━━━ Records shown ━━━

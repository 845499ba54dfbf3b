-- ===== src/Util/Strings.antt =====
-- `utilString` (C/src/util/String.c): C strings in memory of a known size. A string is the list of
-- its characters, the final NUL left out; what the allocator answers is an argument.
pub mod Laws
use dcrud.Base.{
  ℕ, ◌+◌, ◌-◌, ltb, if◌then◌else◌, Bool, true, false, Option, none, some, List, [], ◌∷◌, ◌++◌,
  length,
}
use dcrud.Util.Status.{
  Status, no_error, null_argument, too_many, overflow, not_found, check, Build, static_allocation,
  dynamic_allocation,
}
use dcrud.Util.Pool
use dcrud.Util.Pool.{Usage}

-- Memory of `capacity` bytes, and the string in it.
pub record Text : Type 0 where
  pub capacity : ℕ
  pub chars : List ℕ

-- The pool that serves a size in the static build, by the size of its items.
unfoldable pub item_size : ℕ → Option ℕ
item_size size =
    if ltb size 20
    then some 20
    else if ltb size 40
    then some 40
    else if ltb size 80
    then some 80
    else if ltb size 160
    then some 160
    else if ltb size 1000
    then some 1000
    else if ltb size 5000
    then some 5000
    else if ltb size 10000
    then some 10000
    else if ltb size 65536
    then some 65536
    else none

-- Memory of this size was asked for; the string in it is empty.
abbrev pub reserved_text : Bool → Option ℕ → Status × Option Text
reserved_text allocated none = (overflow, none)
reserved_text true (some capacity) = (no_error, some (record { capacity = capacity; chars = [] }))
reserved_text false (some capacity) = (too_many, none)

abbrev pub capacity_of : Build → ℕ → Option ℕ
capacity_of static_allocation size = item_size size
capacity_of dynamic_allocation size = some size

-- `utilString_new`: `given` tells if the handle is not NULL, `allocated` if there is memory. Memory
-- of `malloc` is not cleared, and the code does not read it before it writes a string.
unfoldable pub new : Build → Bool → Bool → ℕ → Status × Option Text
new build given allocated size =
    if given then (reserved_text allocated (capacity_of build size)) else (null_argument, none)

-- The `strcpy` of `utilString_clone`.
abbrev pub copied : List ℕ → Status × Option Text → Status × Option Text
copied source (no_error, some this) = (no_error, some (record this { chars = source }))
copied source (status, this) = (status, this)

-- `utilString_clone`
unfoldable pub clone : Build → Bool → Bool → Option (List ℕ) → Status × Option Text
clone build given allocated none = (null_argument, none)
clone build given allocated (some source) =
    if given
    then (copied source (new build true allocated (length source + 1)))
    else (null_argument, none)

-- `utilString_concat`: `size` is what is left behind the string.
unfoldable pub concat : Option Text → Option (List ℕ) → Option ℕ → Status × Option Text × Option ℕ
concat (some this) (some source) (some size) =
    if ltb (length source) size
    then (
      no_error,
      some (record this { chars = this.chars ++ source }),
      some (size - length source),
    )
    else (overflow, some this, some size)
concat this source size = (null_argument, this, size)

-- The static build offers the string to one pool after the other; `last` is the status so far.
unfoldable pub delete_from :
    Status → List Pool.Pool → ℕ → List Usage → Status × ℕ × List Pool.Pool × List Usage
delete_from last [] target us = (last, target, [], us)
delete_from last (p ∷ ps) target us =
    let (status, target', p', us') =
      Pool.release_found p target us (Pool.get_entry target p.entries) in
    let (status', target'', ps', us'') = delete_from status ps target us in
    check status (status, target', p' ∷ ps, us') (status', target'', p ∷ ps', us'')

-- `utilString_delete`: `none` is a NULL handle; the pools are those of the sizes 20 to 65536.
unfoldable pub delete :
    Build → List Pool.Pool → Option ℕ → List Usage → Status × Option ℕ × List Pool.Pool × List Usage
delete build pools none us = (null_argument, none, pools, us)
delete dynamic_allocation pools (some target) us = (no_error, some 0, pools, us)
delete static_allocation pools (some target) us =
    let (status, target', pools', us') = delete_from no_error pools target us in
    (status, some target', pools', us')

━━━
━━━ Records shown ━━━

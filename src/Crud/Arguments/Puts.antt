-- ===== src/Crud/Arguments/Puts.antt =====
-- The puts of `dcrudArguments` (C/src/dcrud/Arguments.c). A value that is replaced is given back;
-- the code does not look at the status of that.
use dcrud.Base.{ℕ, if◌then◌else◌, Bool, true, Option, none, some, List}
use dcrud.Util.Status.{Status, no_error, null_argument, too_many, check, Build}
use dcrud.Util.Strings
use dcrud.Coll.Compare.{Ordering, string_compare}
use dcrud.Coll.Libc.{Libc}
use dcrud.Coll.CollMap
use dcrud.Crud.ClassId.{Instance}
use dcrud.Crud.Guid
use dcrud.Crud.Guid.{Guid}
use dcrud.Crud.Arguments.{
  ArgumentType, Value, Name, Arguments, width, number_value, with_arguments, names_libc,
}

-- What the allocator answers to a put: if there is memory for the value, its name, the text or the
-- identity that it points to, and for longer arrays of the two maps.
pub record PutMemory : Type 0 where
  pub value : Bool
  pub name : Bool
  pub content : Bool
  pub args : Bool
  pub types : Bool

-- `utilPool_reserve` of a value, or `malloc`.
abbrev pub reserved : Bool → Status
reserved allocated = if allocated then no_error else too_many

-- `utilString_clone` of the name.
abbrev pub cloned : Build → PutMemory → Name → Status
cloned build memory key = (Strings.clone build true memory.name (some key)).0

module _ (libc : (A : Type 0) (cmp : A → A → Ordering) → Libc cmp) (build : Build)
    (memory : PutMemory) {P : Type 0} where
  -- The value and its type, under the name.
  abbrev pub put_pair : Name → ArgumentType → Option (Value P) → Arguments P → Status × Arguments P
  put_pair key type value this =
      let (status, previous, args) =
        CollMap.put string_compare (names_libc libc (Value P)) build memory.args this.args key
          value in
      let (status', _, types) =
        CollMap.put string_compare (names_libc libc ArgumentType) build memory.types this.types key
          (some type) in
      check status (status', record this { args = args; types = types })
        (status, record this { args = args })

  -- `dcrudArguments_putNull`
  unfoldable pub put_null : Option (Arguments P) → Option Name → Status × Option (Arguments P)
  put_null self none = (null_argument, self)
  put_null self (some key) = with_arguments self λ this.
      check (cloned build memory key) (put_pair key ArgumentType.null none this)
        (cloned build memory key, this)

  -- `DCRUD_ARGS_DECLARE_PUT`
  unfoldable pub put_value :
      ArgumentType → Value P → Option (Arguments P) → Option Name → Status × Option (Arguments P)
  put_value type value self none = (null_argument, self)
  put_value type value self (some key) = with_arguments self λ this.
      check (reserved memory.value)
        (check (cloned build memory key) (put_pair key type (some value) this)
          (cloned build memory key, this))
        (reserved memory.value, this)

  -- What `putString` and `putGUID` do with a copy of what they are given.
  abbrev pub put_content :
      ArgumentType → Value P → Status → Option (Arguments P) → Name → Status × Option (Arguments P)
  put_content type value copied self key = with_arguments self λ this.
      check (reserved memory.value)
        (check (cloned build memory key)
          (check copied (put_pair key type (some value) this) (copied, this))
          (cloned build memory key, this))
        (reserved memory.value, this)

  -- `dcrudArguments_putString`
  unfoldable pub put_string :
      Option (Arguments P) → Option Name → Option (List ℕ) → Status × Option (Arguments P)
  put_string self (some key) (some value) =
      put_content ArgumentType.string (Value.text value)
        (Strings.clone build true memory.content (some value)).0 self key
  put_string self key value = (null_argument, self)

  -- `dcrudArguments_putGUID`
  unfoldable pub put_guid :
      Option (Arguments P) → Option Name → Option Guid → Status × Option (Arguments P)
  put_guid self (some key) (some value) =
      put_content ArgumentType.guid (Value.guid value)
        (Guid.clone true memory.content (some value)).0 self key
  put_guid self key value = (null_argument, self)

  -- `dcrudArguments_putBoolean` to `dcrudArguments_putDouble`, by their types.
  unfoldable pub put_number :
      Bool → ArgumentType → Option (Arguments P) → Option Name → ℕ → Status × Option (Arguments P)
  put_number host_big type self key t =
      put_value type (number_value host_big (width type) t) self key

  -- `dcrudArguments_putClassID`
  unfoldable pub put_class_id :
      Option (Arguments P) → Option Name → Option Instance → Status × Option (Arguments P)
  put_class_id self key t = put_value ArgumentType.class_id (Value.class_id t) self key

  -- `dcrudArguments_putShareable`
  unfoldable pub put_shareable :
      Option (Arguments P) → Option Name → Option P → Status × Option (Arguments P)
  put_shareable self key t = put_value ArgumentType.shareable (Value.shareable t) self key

━━━

The line above containing "put_null self (some", the line containing "put_content type value", and every line between them are to be transcribed exactly; no other line is wanted.

  put_null self (some key) = with_arguments self λ this.
      check (cloned build memory key) (put_pair key ArgumentType.null none this)
        (cloned build memory key, this)

  -- `DCRUD_ARGS_DECLARE_PUT`
  unfoldable pub put_value :
      ArgumentType → Value P → Option (Arguments P) → Option Name → Status × Option (Arguments P)
  put_value type value self none = (null_argument, self)
  put_value type value self (some key) = with_arguments self λ this.
      check (reserved memory.value)
        (check (cloned build memory key) (put_pair key type (some value) this)
          (cloned build memory key, this))
        (reserved memory.value, this)

  -- What `putString` and `putGUID` do with a copy of what they are given.
  abbrev pub put_content :
      ArgumentType → Value P → Status → Option (Arguments P) → Name → Status × Option (Arguments P)
  put_content type value copied self key = with_arguments self λ this.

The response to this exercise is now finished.